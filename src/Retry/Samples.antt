-- ===== src/Retry/Samples.antt =====
-- Retries at concrete inputs: tests of the definitions, and uses of the theorems.
use ri.Base.{
  ℕ, ◌+◌, ◌≡◌, refl, Bool, true, false, Option, none, some, [], ◌⊎◌, inl, inr, Text, codes, text_eq,
}
use ri.Base.Int.{pos}
use ri.Message.{Host, StopReason, usage_zero, AssistantMessage}
use ri.Retry.{
  RetryPolicy, max_attempts_of, delay_ms, is_retryable_assistant_error, read_abort,
  parse_retry_after_hint_ms, strip_retry_after_hint,
}
use ri.Retry.Call.{retry_assistant_call, finish, schedule, start_attempt}
use ri.Retry.Bounds.{Ended, retry_assistant_call-Ended}

abbrev plain : Host
plain = record { Value = ℕ; Float = ℕ; float_zero = 0 }

abbrev fails : AssistantMessage plain
fails = record {
  content = [];
  api = codes "a";
  provider = codes "p";
  model = codes "m";
  response_model = none;
  response_id = none;
  diagnostics = [];
  usage = usage_zero;
  stop_reason = StopReason.error;
  error_message = some (codes "busy (retry-after-ms: 25)");
  timestamp = pos 0;
}

-- The world is the number of calls.
abbrev produce : ℕ → (Text ⊎ AssistantMessage plain) × ℕ
produce w = (inr fails, w + 1)

abbrev sleep : ℕ → ℕ → ℕ
sleep ms w = w

abbrev policy : RetryPolicy
policy = record { enabled = true; max_retries = 2; base_delay_ms = 10 }

abbrev never : Text → Bool
never t = false

abbrev is_busy_text : Text → Bool
is_busy_text t = text_eq t (codes "busy")

hint : parse_retry_after_hint_ms (codes "busy (retry-after-ms: 25)") ≡ some 25
unfolding parse_retry_after_hint_ms
hint = refl

stripped : strip_retry_after_hint (codes "busy (retry-after-ms: 25)") ≡ codes "busy"
unfolding strip_retry_after_hint ri.Base.is_whitespace
stripped = refl

third_delay : delay_ms (some policy) 3 (codes "busy") ≡ 40
unfolding delay_ms
third_delay = refl

three_calls :
    retry_assistant_call never is_busy_text sleep produce (some policy) none none 0
    ≡ some (inr fails, 3)
unfolding retry_assistant_call text_eq ri.Base.is_whitespace
three_calls = refl

retry_assistant_call-Ended_example :
    Ended
      (is_retryable_assistant_error never is_busy_text)
      (λ (w : ℕ). w)
      0
      (0 + 1 + max_attempts_of (some policy))
      (retry_assistant_call never is_busy_text sleep produce (some policy) none none 0)
unfolding read_abort finish schedule start_attempt
retry_assistant_call-Ended_example =
    retry_assistant_call-Ended never is_busy_text sleep produce (some policy) none none (λ w. w)
      (λ w. refl) (λ ms w. refl) (λ w. refl) (λ success attempt error w. refl)
      (λ attempt max delay message w. refl) (λ w. refl) 0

□ □ □ □ □

- **Aim of the exercise**:
Copy exactly the lines running from the one that holds "three_calls = refl" to the last line of the listing above. Include both of those lines.

- **Solved exercise**:
three_calls = refl

retry_assistant_call-Ended_example :
    Ended
      (is_retryable_assistant_error never is_busy_text)
      (λ (w : ℕ). w)
      0
      (0 + 1 + max_attempts_of (some policy))
      (retry_assistant_call never is_busy_text sleep produce (some policy) none none 0)
unfolding read_abort finish schedule start_attempt
retry_assistant_call-Ended_example =
    retry_assistant_call-Ended never is_busy_text sleep produce (some policy) none none (λ w. w)
      (λ w. refl) (λ ms w. refl) (λ w. refl) (λ success attempt error w. refl)
      (λ attempt max delay message w. refl) (λ w. refl) 0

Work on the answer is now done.